Я объяснил ей, с какими трудностями это связано, рассказал о дороговизне льда в стране, где нужно зорко следить за продавцом льда, иначе он вам представит такой счет для оплаты, который будет весить побольше, чем сам лед. Тогда она воскликнула:

— Неужели вы покупаете лед?

— Да, дорогая, конечно.

Она залилась простодушным смехом, а затем сказала:

— О, я еще никогда не слыхала подобной глупости! Ведь льда так много, он же ничего не стоит. Да вот он — на сотни миль вокруг. Я не дала бы и рыбьего пузыря за весь этот лед.

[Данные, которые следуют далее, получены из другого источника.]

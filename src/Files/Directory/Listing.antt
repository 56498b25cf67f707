-- ===== src/Files/Directory/Listing.antt =====
-- kernel/filesystem/estros-fs.c: the entries of a directory as paths.
use bitloader.Prelude.{List, [], ℕ, ◌∷◌}
use bitloader.Files.Directory.{entry_path}
use bitloader.Files.Directory.Search.{Named}

abbrev pub paths_of : List ℕ → List Named → List (List ℕ)
paths_of path [] = []
paths_of path (entry ∷ rest) = entry_path path entry.0 ∷ paths_of path rest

— Ну, это просто потому, что ты не знаешь ему цены, ты. маленькая провинциальная простушка! Будь он у тебя в Нью-Йорке в середине лета, ты могла бы за него скупить всех китов.

Она недоверчиво посмотрела на меня и сказала:

— Вы говорите правду?

— Чистую правду. Клянусь тебе!

Она задумалась. Потом с легким вздохом сказала:

— Как бы мне хотелось пожить там!

Я просто хотел в доступной для нее форме дать ей представление о существующем у нас мериле ценностей, но потерпел неудачу. Из моих слов она поняла лишь, что киты в Нью-Йорке дешевы и их там множество; при этой мысли у нее даже слюнки потекли. Необходимо было попытаться смягчить содеянное зло, и я сказал:

— Но если бы ты жила там, тебе совсем не понадобилось бы китовое мясо. У нас его никто не ест.

— Что?!

— В самом деле, никто.

— Но почему?

— Н-ну... Кто его знает. Из предрассудка, пожалуй. Да, да, именно... из предрассудка. Наверно, кто-нибудь, кому нечего было делать, выдумал этот предрассудок, ну а уж когда причуда привьется, она существует до скончания веков.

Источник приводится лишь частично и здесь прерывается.